***** EXTRACTED INFORMATION *****

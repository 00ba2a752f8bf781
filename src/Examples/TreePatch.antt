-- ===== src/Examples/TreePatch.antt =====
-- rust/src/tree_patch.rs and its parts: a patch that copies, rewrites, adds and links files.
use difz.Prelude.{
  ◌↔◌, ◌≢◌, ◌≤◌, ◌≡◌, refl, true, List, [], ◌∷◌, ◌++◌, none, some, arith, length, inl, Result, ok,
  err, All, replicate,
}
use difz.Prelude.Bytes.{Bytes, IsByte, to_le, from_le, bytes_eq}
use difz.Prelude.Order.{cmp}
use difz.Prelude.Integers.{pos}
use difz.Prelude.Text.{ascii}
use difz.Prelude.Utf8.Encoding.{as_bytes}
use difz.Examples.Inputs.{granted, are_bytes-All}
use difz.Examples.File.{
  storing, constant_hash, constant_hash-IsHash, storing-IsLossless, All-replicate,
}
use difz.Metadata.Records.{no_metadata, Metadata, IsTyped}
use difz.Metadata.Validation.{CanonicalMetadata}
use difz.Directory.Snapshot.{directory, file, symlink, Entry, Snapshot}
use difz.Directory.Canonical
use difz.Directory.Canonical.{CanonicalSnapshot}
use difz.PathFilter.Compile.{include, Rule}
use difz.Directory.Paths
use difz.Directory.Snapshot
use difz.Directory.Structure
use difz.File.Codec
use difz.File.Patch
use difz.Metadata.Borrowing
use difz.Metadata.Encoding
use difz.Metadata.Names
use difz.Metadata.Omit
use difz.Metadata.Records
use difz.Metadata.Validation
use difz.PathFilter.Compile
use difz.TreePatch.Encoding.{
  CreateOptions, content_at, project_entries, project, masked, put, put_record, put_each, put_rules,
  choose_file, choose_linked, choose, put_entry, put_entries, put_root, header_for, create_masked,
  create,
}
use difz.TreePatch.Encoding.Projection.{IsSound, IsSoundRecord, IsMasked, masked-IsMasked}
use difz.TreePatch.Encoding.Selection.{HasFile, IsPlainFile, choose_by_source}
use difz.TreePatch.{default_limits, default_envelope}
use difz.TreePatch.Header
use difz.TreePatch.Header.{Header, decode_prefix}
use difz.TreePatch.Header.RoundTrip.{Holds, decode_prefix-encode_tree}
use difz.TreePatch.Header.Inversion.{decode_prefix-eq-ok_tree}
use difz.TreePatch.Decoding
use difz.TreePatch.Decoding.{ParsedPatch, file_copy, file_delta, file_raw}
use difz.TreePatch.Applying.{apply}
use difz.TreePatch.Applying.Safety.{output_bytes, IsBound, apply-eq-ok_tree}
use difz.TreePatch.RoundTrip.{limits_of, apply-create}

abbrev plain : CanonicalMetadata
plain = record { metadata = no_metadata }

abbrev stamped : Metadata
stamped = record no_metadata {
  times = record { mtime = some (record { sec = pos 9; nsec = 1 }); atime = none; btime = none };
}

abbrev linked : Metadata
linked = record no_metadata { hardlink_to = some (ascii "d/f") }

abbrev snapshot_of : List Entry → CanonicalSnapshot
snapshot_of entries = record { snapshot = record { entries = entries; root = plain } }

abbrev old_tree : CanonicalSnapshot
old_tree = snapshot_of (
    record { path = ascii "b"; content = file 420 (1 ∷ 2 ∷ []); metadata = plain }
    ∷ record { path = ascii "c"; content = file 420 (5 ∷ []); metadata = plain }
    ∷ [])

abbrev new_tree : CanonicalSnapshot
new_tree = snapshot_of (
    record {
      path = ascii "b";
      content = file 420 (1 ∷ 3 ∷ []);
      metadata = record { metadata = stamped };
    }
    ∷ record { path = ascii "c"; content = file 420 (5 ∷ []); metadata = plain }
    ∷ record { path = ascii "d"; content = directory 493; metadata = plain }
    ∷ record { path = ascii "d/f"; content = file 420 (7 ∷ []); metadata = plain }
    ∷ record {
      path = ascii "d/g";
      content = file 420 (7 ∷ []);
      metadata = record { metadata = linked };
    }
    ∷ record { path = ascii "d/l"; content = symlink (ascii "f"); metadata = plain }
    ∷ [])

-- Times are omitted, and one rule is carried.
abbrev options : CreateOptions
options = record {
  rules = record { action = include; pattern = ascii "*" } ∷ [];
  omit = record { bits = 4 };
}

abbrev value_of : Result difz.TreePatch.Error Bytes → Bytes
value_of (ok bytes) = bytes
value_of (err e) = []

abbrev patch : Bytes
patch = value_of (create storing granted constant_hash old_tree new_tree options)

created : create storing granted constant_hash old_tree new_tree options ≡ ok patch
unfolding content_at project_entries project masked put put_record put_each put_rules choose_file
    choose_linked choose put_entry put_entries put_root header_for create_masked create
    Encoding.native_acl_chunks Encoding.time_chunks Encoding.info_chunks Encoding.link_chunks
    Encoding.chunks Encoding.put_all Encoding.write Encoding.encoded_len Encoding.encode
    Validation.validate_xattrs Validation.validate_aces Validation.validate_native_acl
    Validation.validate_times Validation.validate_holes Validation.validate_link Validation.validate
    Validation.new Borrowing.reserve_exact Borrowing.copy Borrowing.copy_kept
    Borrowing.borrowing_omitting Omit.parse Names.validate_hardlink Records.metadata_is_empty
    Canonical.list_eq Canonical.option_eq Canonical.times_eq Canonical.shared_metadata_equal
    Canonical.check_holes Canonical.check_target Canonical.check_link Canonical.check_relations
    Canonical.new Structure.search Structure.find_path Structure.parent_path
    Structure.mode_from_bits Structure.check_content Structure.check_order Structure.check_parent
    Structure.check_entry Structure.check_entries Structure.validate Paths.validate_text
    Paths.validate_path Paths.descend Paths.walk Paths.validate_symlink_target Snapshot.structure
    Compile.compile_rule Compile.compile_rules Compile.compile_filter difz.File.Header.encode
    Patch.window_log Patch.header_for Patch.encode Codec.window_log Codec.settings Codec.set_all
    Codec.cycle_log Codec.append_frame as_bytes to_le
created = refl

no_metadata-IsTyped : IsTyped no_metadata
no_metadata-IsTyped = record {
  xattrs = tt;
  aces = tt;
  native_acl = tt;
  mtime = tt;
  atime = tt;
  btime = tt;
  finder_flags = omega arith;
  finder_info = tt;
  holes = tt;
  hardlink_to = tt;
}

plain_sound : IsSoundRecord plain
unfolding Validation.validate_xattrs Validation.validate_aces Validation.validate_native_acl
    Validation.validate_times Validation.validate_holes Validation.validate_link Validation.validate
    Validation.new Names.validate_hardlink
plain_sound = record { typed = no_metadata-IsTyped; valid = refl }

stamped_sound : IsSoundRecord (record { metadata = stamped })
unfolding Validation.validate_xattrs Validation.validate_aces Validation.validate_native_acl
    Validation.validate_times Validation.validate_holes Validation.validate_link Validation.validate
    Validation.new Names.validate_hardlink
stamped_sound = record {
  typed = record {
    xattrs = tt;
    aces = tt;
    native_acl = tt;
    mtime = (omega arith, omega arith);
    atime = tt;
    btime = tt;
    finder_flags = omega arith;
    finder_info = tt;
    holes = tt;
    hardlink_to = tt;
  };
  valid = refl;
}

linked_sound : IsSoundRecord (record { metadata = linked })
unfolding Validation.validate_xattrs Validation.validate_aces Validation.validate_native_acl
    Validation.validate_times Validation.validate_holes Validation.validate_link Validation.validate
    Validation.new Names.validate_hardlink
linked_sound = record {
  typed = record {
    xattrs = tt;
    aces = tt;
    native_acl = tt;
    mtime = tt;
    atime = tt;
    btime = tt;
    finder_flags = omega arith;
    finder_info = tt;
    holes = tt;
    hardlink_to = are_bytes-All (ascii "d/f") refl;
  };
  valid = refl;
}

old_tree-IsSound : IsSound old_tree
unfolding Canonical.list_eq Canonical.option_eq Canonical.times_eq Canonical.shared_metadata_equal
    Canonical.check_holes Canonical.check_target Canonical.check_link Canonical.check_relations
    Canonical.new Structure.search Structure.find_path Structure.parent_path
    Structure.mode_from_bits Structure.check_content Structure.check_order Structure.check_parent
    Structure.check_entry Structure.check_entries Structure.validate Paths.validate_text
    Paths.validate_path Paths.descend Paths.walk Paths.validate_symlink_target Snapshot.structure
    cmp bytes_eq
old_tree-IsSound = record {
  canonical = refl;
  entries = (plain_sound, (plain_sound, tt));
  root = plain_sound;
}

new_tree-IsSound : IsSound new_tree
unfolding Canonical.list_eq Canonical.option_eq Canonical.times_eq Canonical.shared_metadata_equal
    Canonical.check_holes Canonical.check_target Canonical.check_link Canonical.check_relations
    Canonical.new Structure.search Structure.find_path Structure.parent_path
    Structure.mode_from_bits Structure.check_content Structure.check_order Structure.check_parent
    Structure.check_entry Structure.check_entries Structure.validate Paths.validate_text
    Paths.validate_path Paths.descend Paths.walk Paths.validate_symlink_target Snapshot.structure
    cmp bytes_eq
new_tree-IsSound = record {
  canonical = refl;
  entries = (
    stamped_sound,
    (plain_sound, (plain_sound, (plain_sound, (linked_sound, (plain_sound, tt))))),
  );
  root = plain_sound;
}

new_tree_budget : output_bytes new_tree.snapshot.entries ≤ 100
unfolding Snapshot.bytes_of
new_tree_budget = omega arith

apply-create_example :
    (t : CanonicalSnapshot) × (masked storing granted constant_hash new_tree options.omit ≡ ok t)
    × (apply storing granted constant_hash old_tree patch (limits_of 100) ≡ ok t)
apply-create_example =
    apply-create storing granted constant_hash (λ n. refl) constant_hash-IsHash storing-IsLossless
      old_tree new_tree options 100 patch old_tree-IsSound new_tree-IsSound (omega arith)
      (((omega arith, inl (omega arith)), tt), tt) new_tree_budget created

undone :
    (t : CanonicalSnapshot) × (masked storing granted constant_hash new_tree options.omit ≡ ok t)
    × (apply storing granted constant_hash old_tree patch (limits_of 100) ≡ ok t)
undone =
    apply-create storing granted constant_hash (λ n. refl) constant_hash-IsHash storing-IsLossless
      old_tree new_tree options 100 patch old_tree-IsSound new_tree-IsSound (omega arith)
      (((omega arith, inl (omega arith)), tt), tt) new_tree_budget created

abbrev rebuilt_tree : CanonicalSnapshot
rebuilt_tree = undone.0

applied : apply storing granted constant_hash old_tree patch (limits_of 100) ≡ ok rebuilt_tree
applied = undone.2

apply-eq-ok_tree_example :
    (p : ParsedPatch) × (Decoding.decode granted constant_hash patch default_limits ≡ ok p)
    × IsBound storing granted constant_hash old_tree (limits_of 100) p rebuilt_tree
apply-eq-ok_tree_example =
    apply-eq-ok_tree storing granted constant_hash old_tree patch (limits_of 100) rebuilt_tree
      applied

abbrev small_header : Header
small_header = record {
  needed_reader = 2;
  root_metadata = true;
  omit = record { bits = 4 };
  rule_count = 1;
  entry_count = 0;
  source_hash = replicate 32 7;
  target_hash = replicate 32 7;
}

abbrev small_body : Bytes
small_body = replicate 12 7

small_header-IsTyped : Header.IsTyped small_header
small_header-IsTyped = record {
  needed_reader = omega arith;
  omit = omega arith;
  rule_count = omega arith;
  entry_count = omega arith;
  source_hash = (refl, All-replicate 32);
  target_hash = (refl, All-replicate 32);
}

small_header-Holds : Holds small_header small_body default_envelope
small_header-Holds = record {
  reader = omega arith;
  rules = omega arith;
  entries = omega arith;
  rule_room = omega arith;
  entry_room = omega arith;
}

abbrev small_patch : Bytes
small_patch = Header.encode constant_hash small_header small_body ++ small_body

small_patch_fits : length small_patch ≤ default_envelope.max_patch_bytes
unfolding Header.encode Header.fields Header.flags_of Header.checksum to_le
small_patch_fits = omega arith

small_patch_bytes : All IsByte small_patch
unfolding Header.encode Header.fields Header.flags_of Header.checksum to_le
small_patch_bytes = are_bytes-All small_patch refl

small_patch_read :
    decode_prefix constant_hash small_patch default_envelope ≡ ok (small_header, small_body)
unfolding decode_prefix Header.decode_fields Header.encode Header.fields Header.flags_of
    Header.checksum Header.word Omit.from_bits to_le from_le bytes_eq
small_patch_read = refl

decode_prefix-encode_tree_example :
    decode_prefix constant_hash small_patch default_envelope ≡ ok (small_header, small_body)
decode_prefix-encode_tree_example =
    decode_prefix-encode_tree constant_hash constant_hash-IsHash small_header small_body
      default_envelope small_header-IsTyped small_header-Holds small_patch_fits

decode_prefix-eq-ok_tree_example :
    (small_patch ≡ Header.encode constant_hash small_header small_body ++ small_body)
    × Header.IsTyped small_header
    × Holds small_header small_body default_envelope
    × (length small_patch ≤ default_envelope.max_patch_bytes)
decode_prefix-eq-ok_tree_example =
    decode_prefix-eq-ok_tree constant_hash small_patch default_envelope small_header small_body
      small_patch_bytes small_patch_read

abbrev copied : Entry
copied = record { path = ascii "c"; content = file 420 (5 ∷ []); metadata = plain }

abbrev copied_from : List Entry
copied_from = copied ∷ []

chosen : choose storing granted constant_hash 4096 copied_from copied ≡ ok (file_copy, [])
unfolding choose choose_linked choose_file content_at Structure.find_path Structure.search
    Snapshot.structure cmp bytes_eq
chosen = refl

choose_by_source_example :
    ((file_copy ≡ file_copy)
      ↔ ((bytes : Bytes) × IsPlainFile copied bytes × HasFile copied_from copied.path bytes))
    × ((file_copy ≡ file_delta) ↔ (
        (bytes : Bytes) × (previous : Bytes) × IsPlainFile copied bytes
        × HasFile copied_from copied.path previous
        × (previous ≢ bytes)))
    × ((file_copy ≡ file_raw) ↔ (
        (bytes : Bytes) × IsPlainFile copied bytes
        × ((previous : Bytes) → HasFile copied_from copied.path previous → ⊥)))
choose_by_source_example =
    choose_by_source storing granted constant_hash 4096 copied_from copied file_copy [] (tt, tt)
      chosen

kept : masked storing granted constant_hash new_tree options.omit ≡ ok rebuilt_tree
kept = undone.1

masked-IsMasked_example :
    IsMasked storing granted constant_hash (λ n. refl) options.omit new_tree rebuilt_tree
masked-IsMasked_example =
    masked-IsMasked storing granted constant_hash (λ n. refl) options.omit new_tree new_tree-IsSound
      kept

*****
***** EXTRACTED INFORMATION *****

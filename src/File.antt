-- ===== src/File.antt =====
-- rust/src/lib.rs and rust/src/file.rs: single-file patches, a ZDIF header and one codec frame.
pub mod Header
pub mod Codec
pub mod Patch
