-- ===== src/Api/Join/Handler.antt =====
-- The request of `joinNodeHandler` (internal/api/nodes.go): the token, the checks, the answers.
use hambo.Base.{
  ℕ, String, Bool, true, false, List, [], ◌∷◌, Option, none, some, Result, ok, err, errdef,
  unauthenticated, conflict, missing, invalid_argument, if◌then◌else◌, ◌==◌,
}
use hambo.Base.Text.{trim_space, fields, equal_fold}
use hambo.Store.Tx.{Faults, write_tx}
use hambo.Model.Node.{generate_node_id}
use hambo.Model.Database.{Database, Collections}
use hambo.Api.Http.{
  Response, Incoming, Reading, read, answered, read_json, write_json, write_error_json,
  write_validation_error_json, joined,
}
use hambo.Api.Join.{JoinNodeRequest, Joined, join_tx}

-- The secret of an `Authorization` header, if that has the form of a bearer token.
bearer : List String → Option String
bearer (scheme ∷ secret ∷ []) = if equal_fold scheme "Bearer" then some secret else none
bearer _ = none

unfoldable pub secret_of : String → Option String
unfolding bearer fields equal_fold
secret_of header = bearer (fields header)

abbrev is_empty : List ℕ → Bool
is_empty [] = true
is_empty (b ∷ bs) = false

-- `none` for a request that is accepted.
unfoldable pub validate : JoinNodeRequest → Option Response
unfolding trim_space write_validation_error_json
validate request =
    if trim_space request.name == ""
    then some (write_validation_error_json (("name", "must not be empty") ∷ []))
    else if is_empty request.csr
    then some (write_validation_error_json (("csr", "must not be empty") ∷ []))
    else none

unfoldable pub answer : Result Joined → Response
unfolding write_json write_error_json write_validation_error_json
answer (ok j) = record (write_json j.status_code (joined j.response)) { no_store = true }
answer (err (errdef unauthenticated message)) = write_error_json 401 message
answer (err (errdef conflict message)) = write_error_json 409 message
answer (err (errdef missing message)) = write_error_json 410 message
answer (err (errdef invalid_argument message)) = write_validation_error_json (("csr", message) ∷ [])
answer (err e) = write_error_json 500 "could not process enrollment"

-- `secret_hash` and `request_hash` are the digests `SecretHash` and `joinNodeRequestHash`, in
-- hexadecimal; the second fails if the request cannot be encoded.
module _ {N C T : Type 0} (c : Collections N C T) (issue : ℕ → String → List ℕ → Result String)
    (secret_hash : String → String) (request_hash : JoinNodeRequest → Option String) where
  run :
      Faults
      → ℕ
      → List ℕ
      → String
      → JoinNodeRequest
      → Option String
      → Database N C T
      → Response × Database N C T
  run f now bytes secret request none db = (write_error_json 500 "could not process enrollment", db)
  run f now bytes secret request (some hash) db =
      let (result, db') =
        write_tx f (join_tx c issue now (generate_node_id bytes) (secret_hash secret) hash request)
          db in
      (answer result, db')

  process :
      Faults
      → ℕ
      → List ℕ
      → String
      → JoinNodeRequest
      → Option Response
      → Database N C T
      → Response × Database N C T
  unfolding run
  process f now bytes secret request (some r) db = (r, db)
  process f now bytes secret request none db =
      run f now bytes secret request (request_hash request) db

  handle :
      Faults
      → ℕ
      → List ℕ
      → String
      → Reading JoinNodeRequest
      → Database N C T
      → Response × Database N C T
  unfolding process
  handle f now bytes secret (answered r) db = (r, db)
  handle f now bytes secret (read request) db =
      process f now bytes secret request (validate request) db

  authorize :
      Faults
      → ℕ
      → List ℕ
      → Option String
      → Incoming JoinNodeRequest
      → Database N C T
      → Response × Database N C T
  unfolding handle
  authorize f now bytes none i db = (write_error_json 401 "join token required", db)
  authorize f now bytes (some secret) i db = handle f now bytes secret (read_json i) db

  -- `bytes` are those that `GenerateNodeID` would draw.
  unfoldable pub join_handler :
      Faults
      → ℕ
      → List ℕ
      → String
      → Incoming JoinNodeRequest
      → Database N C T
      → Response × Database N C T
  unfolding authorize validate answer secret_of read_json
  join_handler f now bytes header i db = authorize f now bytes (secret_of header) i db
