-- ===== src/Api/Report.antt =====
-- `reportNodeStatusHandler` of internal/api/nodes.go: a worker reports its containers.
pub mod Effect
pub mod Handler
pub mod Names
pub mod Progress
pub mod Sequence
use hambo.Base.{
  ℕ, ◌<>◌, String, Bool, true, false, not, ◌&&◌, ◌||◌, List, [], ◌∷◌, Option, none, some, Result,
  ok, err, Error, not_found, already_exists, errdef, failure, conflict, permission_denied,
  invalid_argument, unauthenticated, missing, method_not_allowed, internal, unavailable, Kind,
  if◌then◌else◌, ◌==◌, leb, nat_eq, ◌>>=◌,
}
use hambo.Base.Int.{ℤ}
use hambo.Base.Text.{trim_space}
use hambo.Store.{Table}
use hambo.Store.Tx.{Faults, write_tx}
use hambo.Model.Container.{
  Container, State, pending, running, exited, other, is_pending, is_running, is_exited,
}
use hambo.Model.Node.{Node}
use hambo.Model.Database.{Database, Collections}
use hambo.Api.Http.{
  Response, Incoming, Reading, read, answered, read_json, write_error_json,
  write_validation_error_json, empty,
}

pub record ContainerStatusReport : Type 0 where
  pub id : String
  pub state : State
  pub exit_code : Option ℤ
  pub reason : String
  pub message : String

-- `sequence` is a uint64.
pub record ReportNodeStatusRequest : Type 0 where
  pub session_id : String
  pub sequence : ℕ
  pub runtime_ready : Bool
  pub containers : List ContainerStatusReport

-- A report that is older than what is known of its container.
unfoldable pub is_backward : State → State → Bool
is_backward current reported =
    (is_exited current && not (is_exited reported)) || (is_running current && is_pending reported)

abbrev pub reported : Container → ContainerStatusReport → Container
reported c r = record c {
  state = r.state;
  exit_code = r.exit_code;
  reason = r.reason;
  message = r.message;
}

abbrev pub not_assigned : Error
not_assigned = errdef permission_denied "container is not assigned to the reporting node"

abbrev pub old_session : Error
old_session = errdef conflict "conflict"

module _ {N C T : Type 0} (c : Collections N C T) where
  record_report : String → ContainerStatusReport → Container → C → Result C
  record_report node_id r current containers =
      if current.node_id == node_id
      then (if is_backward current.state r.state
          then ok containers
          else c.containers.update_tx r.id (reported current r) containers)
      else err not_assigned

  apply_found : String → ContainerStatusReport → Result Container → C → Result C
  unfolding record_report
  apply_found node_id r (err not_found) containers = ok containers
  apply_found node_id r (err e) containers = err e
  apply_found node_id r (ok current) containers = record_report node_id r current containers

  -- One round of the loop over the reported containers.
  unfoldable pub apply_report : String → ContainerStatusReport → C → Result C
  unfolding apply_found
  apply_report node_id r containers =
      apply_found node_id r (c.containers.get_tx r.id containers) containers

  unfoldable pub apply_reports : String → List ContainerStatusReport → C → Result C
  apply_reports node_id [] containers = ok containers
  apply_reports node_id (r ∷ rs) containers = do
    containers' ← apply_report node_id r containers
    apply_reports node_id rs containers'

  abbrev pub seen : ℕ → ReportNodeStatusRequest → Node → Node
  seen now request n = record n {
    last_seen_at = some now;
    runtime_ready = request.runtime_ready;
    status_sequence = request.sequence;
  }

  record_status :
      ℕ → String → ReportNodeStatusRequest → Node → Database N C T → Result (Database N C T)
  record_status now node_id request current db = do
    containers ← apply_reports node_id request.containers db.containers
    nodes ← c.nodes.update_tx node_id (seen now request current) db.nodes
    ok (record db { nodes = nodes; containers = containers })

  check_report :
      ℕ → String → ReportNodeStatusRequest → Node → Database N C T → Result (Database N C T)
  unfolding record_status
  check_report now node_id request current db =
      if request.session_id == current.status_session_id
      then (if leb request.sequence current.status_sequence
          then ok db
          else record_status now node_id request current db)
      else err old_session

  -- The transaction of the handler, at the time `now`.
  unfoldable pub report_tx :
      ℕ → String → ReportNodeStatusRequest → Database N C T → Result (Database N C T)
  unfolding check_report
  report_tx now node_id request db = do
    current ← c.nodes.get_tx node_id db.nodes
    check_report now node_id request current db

*****

*TRY IT*.
Copy each line from the entries above that has the word "Encoding" in it.

*ANSWER TO THIS EXERCISE*.
use difz.Prelude.Utf8.Encoding.{as_bytes}
use difz.Metadata.Encoding
use difz.TreePatch.Encoding.{
use difz.TreePatch.Encoding.Projection.{IsSound, IsSoundRecord, IsMasked, masked-IsMasked}
use difz.TreePatch.Encoding.Selection.{HasFile, IsPlainFile, choose_by_source}
    Encoding.native_acl_chunks Encoding.time_chunks Encoding.info_chunks Encoding.link_chunks
    Encoding.chunks Encoding.put_all Encoding.write Encoding.encoded_len Encoding.encode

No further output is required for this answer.